The 458-120 vote brings three decades of contentious negotiation to a close, Reuters reports.
EU rules bringing aviation into the ETS, with airlines required to cover the entire length of flights starting from or ending in Europe, originally took effect in 2012. A number of nations protested, with China and the US threatening retaliation.
In November 2012, the European Commission announced it would “stop the clock” for one year on the rules, following a decision by the International Civil Aviation Organization to consider a global market-based mechanism. And last October, the ICAO agreed to create such a market-based program starting in 2020, although details won’t decided in 2016.

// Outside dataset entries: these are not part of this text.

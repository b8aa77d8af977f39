-- ===== src/Server/LogRetention/Plan.antt =====
-- What `plan_log_maintenance` (apps/lmt-server/src/lib.rs) plans.
use lzu_mirror_tools.Prelude.{
  ℕ, ◌≡◌, refl, ◌∙◌, inl, inr, Bool, true, ◌&&◌, Option, none, some, List, [], arith, Memᴰ,
  Option-cases, is_none, ◌==◌,
}
use lzu_mirror_tools.Prelude.Int.{ℤ}
use lzu_mirror_tools.Prelude.Text.{text_eq, text_eq→eq}
use lzu_mirror_tools.Prelude.Tables.{exists_where, where_rows, All, Distinct}
use lzu_mirror_tools.Prelude.Tables.Select.{where_rows-Mem, All-Mem, All-of_Mem, exists_where-cases}
use lzu_mirror_tools.Store.Rows.{Db, LogRow}
use lzu_mirror_tools.Store.Logs.{LogRetentionEntry, log_retention_entries}
use lzu_mirror_tools.Store.Logs.Entries.{Expirable, Describes, entries-Expirable, Expirable-entries}
use lzu_mirror_tools.Server.LogRetention.{
  RunLogPolicy, LogExpirationView, live, may_go, stored_sum, names, age_cutoff, expire_by_age,
  expire_over_cap, candidates_of, plan_log_maintenance,
}
use lzu_mirror_tools.Server.LogRetention.Loops.{
  Comes, Grows, Grows-trans, expire_by_age-Grows, expire_by_size-Grows,
}
use lzu_mirror_tools.Server.LogRetention.Books.{Books}

-- The candidate is a complete log of an attempt at its end, which has not expired, with its size.
pub record Expires (db : Db) (c : LogExpirationView) : Type 0 where
  pub log : LogRow
  pub expirable : Expirable log db
  pub run : c.run_id ≡ log.run_id
  pub number : c.attempt ≡ log.attempt_no
  pub bytes : c.stored_bytes ≡ log.stored_bytes

-- The log is a candidate.
pub record IsPlanned (cs : List LogExpirationView) (l : LogRow) : Type 0 where
  pub view : LogExpirationView
  pub there : Memᴰ view cs
  pub run : view.run_id ≡ l.run_id
  pub number : view.attempt ≡ l.attempt_no

both : (x y : Bool) → (x && y) ≡ true → (x ≡ true) × (y ≡ true)
both x y h = (ground (arith, h), ground (arith, h))

is_none-none : {A : Type 0} (o : Option A) → is_none o ≡ true → o ≡ none
is_none-none none h = refl
is_none-none (some a) h = cc

pub names-keys :
    (e : LogRetentionEntry) (c : LogExpirationView)
    → names e c ≡ true
    → (c.run_id ≡ e.run_id) × (c.attempt ≡ e.attempt_no)
unfolding names
names-keys e c h =
    let (t, n) = both (text_eq c.run_id e.run_id) (c.attempt == e.attempt_no) h in
    (text_eq→eq c.run_id e.run_id t, ground (arith, n))

module _ (db : Db) where
  pub may_go-Expirable :
      (e : LogRetentionEntry)
      → Memᴰ e (where_rows may_go (log_retention_entries db))
      → (l : LogRow) × Expirable l db × Describes e l
  unfolding may_go live
  may_go-Expirable e m =
      let (k, t) = where_rows-Mem may_go (log_retention_entries db) m in
      let (alive, may) = both (is_none e.expired_at_ms) e.eligible t in
      entries-Expirable db e k may (is_none-none e.expired_at_ms alive)

  pub Expirable-may_go :
      (l : LogRow)
      → Expirable l db
      → (e : LogRetentionEntry) × Memᴰ e (log_retention_entries db)
        × (may_go e ≡ true)
        × Describes e l
  unfolding may_go live
  Expirable-may_go l x =
      let (e, m, may, kept, d) = Expirable-entries db l x in (e, m, rw (may, kept) refl, d)

  pub named-IsPlanned :
      (cs : List LogExpirationView) (e : LogRetentionEntry) (l : LogRow)
      → exists_where (names e) cs ≡ true
      → Describes e l
      → IsPlanned cs l
  named-IsPlanned cs e l h d =
      let (c, m, t) = exists_where-cases (names e) cs h in
      let (run, number) = names-keys e c t in
      record { view = c; there = m; run = run ∙ d.run; number = number ∙ d.number }

  Comes-Expires :
      (c : LogExpirationView)
      → Comes (where_rows may_go (log_retention_entries db)) c
      → Expires db c
  unfolding Comes
  Comes-Expires c (e, m, t, same) =
      let (l, x, d) = may_go-Expirable e m in
      let (run, number) = names-keys e c t in
      record {
        log = l;
        expirable = x;
        run = run ∙ d.run;
        number = number ∙ d.number;
        bytes = same ∙ d.bytes;
      }

-- What the two loops end with.
pub candidates_of-Grows :
    (now : ℤ) (policy : RunLogPolicy) (stored : ℕ) (es : List LogRetentionEntry)
    → Grows es (stored, []) (candidates_of now policy stored es)
unfolding candidates_of expire_over_cap age_cutoff
candidates_of-Grows now policy stored es = elim (Option-cases policy.max_total_bytes) [
  | inl n ↦ rw n by_age
  | inr (cap_bytes, e) ↦
      rw e (Grows-trans es _ _ _ by_age (expire_by_size-Grows es cap_bytes es _ (λ x m. m)))
]
  where
    by_age : Grows es (stored, []) (expire_by_age (age_cutoff now policy) es (stored, []))
    by_age = expire_by_age-Grows es (age_cutoff now policy) es (stored, []) (λ x m t. m)

-- Each candidate of a plan is a complete log of an attempt at its end, which has not expired yet, with
-- the size that is stored of it.
pub plan_log_maintenance-Expires :
    (now : ℤ) (policy : RunLogPolicy) (db : Db)
    → All (Expires db) (plan_log_maintenance now (some policy) db).candidates
unfolding plan_log_maintenance
plan_log_maintenance-Expires now policy db =
    let stored = stored_sum (where_rows live (log_retention_entries db)) in
    let es = where_rows may_go (log_retention_entries db) in
    let comes = (candidates_of-Grows now policy stored es).comes tt in
    All-of_Mem (Expires db) (candidates_of now policy stored es).1 (λ c m.
      Comes-Expires db c (All-Mem (Comes es) (candidates_of now policy stored es).1 comes m))
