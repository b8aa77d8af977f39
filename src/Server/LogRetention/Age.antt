-- ===== src/Server/LogRetention/Age.antt =====
-- Which logs the retention of a policy lets expire (`plan_log_maintenance`, apps/lmt-server/src/lib.rs).
use lzu_mirror_tools.Prelude.{
  ℕ, ◌≤◌, ◌≡◌, sym, ap, subst, ◌∙◌, inl, inr, Bool, true, Option, none, some, List, [], arith, Memᴰ,
  Option-cases, leb, if◌then◌else◌, Bool-cases,
}
use lzu_mirror_tools.Prelude.Int.{
  ℤ, pos, negsuc, ◌≤ℤ◌, ◌+ℤ◌, ◌-ℤ◌, leb_ℤ, IsI64, i64_max, clamp_i64, clamp_i64-bounds,
  saturating_sub, int_laws,
}
use lzu_mirror_tools.Prelude.Text.{text_eq_refl, text_eq_comm}
use lzu_mirror_tools.Prelude.Tables.{exists_where, where_rows, Distinct}
use lzu_mirror_tools.Prelude.Tables.Select.{Mem-where_rows, where_rows-Mem, All-Mem}
use lzu_mirror_tools.Prelude.Tables.Distinct.{Distinct-unique}
use lzu_mirror_tools.Store.Rows.{Db, LogRow}
use lzu_mirror_tools.Store.Logs.{LogRetentionEntry, log_retention_entries}
use lzu_mirror_tools.Store.Logs.Entries.{Expirable, Describes}
use lzu_mirror_tools.Store.Logs.Keys.{same_log}
use lzu_mirror_tools.Server.LogRetention.{
  RunLogPolicy, Progress, live, may_go, stored_sum, names, is_older, age_cutoff, expire_by_age,
  expire_over_cap, candidates_of, plan_log_maintenance,
}
use lzu_mirror_tools.Server.LogRetention.Loops.{
  Comes, Grows, expire_by_age-Grows, expire_by_age-names, expire_by_size-Grows,
}
use lzu_mirror_tools.Server.LogRetention.Plan.{
  IsPlanned, names-keys, may_go-Expirable, Expirable-may_go, named-IsPlanned,
}

at_most : (s : ℤ) → s ≤ℤ pos i64_max → s ≤ℤ clamp_i64 s
at_most (pos n) h = ground arith
at_most (negsuc n) h = ground arith

below_max : (now : ℤ) → IsI64 now → now ≤ℤ pos i64_max
below_max (pos n) h = ground (arith, h)
below_max (negsuc n) h = ground arith

leb_ℤ-true : (a b : ℤ) → a ≤ℤ b → leb_ℤ a b ≡ true
unfolding leb_ℤ
leb_ℤ-true a b h = ground (arith, h)

true-leb_ℤ : (a b : ℤ) → leb_ℤ a b ≡ true → a ≤ℤ b
unfolding leb_ℤ
true-leb_ℤ a b h = ground (arith, h)

-- What was written a retention ago or earlier is as old as the cutoff.
old_enough :
    (now : ℤ) (ms : ℕ) (policy : RunLogPolicy) (e : LogRetentionEntry)
    → policy.retention_ms ≡ some ms
    → IsI64 now
    → e.updated_at_ms +ℤ pos ms ≤ℤ now
    → is_older (age_cutoff now policy) e ≡ true
unfolding age_cutoff is_older saturating_sub
old_enough now ms policy e h i old =
    let top = below_max now i in
    rw h (elim (Bool-cases (leb ms i64_max)) [
      | inl t ↦ rw t (
          leb_ℤ-true e.updated_at_ms (clamp_i64 (now -ℤ pos ms))
            (omega (int_laws, arith, old, at_most (now -ℤ pos ms) (omega (int_laws, top)))))
      | inr f ↦ rw f (
          leb_ℤ-true e.updated_at_ms (clamp_i64 (now -ℤ pos i64_max)) (
            let g : i64_max ≤ ms = ground (arith, f) in
            omega (int_laws, arith, old, g, at_most (now -ℤ pos i64_max) (omega (int_laws, top)))))
    ])

-- What is as old as the cutoff was written a retention ago or earlier, where nothing is clamped.
is_older-old :
    (now : ℤ) (ms : ℕ) (policy : RunLogPolicy) (e : LogRetentionEntry)
    → policy.retention_ms ≡ some ms
    → ms ≤ i64_max
    → pos 0 ≤ℤ now
    → is_older (age_cutoff now policy) e ≡ true
    → e.updated_at_ms +ℤ pos ms ≤ℤ now
unfolding age_cutoff is_older saturating_sub
is_older-old now ms policy e h small start older =
    let t : leb ms i64_max ≡ true = ground (arith, small) in
    let k : leb_ℤ e.updated_at_ms (clamp_i64 (now -ℤ pos ms)) ≡ true =
      subst
        (λ (b : Bool).
          leb_ℤ e.updated_at_ms (clamp_i64 (now -ℤ (if b then pos ms else pos i64_max))) ≡ true)
        t
        (subst
          (λ (o : Option ℕ).
            is_older
              (elim o [
                | none ↦ none
                | some ms ↦
                    some (saturating_sub now (if leb ms i64_max then pos ms else pos i64_max))
              ])
              e
            ≡ true)
          h older) in
    let (_, _, low) =
      clamp_i64-bounds (negsuc i64_max) (now -ℤ pos ms) (omega arith)
        (omega (int_laws, arith, small, start)) in
    omega (int_laws, true-leb_ℤ e.updated_at_ms (clamp_i64 (now -ℤ pos ms)) k, low)

-- A policy with a retention, at a time of 64 bits: a complete log of an attempt at its end that has not
-- expired is a candidate if it was last written a retention ago or earlier.
pub plan_log_maintenance-age :
    (now : ℤ) (policy : RunLogPolicy) (ms : ℕ) (db : Db) (l : LogRow)
    → policy.retention_ms ≡ some ms
    → IsI64 now
    → Expirable l db
    → l.updated_at_ms +ℤ pos ms ≤ℤ now
    → IsPlanned (plan_log_maintenance now (some policy) db).candidates l
unfolding plan_log_maintenance candidates_of expire_over_cap age_cutoff
plan_log_maintenance-age now policy ms db l h i x old = named-IsPlanned db _ e l all_named d
  where
    e : LogRetentionEntry
    e = (Expirable-may_go db l x).0

    es : List LogRetentionEntry
    es = where_rows may_go (log_retention_entries db)

    d : Describes e l
    d = (Expirable-may_go db l x).3

    stored : ℕ
    stored = stored_sum (where_rows live (log_retention_entries db))

    aged : Progress
    aged = expire_by_age (age_cutoff now policy) es (stored, [])

    named : exists_where (names e) aged.1 ≡ true
    named =
        expire_by_age-names es (age_cutoff now policy) es (stored, []) (λ x m. m)
          (Mem-where_rows may_go (log_retention_entries db) (Expirable-may_go db l x).1
            (Expirable-may_go db l x).2)
          (old_enough now ms policy e h i
            (subst (λ (u : ℤ). u +ℤ pos ms ≤ℤ now) (sym d.written) old))

    all_named : exists_where (names e) (candidates_of now policy stored es).1 ≡ true
    all_named = elim (Option-cases policy.max_total_bytes) [
      | inl n ↦ rw n named
      | inr (limit, c) ↦ rw c ((expire_by_size-Grows es limit es aged (λ x m. m)).keeps e named)
    ]

-- A policy with a retention of at most 2^63 - 1 milliseconds and no cap, at a time that is not negative,
-- where attempt_logs has its primary key: a log is a candidate only if it was last written a
-- retention ago or earlier.
pub plan_log_maintenance-young :
    (now : ℤ) (policy : RunLogPolicy) (ms : ℕ) (db : Db) (l : LogRow)
    → policy.retention_ms ≡ some ms
    → policy.max_total_bytes ≡ none
    → ms ≤ i64_max
    → pos 0 ≤ℤ now
    → Distinct same_log db.logs
    → Memᴰ l db.logs
    → IsPlanned (plan_log_maintenance now (some policy) db).candidates l
    → l.updated_at_ms +ℤ pos ms ≤ℤ now
unfolding plan_log_maintenance candidates_of expire_over_cap Comes
plan_log_maintenance-young now policy ms db l h free small start keyed m p =
    let (e, k, t, _) =
      All-Mem (Comes older) aged.1 (grows.comes tt)
        (subst (λ (o : Option ℕ). Memᴰ p.view (expire_over_cap o es aged).1) free p.there) in
    let (k', young) = where_rows-Mem (is_older (age_cutoff now policy)) es k in
    let (l', x, d) = may_go-Expirable db e k' in
    let (run, number) = names-keys e p.view t in
    let same : l' ≡ l =
      Distinct-unique same_log db.logs same_log_comm keyed x.log m
        (keys l' l (sym d.run ∙ sym run ∙ p.run) (sym d.number ∙ sym number ∙ p.number)) in
    subst (λ (u : ℤ). u +ℤ pos ms ≤ℤ now) (d.written ∙ ap (λ (y : LogRow). y.updated_at_ms) same)
      (is_older-old now ms policy e h small start young)
  where
    es : List LogRetentionEntry
    es = where_rows may_go (log_retention_entries db)

    older : List LogRetentionEntry
    older = where_rows (is_older (age_cutoff now policy)) es

    stored : ℕ
    stored = stored_sum (where_rows live (log_retention_entries db))

    aged : Progress
    aged = expire_by_age (age_cutoff now policy) es (stored, [])

    grows : Grows older (stored, []) aged
    grows =
        expire_by_age-Grows older (age_cutoff now policy) es (stored, [])
          (λ e m t. Mem-where_rows (is_older (age_cutoff now policy)) es m t)

    same_log_comm : (x y : LogRow) → same_log x y ≡ same_log y x
    same_log_comm x y = let e = text_eq_comm x.run_id y.run_id in ground (arith, e)

    keys : (x y : LogRow) → x.run_id ≡ y.run_id → x.attempt_no ≡ y.attempt_no → same_log x y ≡ true
    keys x y a b = rw (a, b) (ground (arith, text_eq_refl y.run_id))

With yesterday’s vote, only the portions of flights within the EU will be included in the ETS, at least until 2017. The parliament picked that end-date because the European Commission hopes the ICAO will hammer out its deal by then, the BBC reports.
The vote also delays a deadline to cover 2013 emissions, by one year, to April 2015. And the new rules require EU member states to report how they spend revenues from the ETS, in an effort to ensure that this money is used to combat climate change.
EU governments had wanted to extend the long-haul exemption to run until 2020. The parliament’s decision also runs counter to a vote by its environment committee. That panel rejected a long-haul flight exemption, running until 2016, which had been brokered by EU diplomats. At the time it seemed the exemption proposal might not have enough votes to pass the full parliament.
The European Low Fares Airline Association, which represents airlines such as Ryanair and Easyjet that fly almost entirely within Europe, criticized the vote. It said that unless the EU reverses its decision, ELFAA will have no choice but to revive a legal challenge.
Emissions trading offers the best and most cost-effective way of mitigating aviation emissions and climate impact by 2050, according to a report by Manchester Metropolitan University’s Centre for Air Transport and Environment.
An analysis by Bloomberg New Energy Finance and the Environmental Defense Fund found the aviation industry could achieve its goal of carbon-neutral growth from 2020 by tapping into the available supply of carbon credits, at a cost to the industry as low as $4 per metric ton of CO2.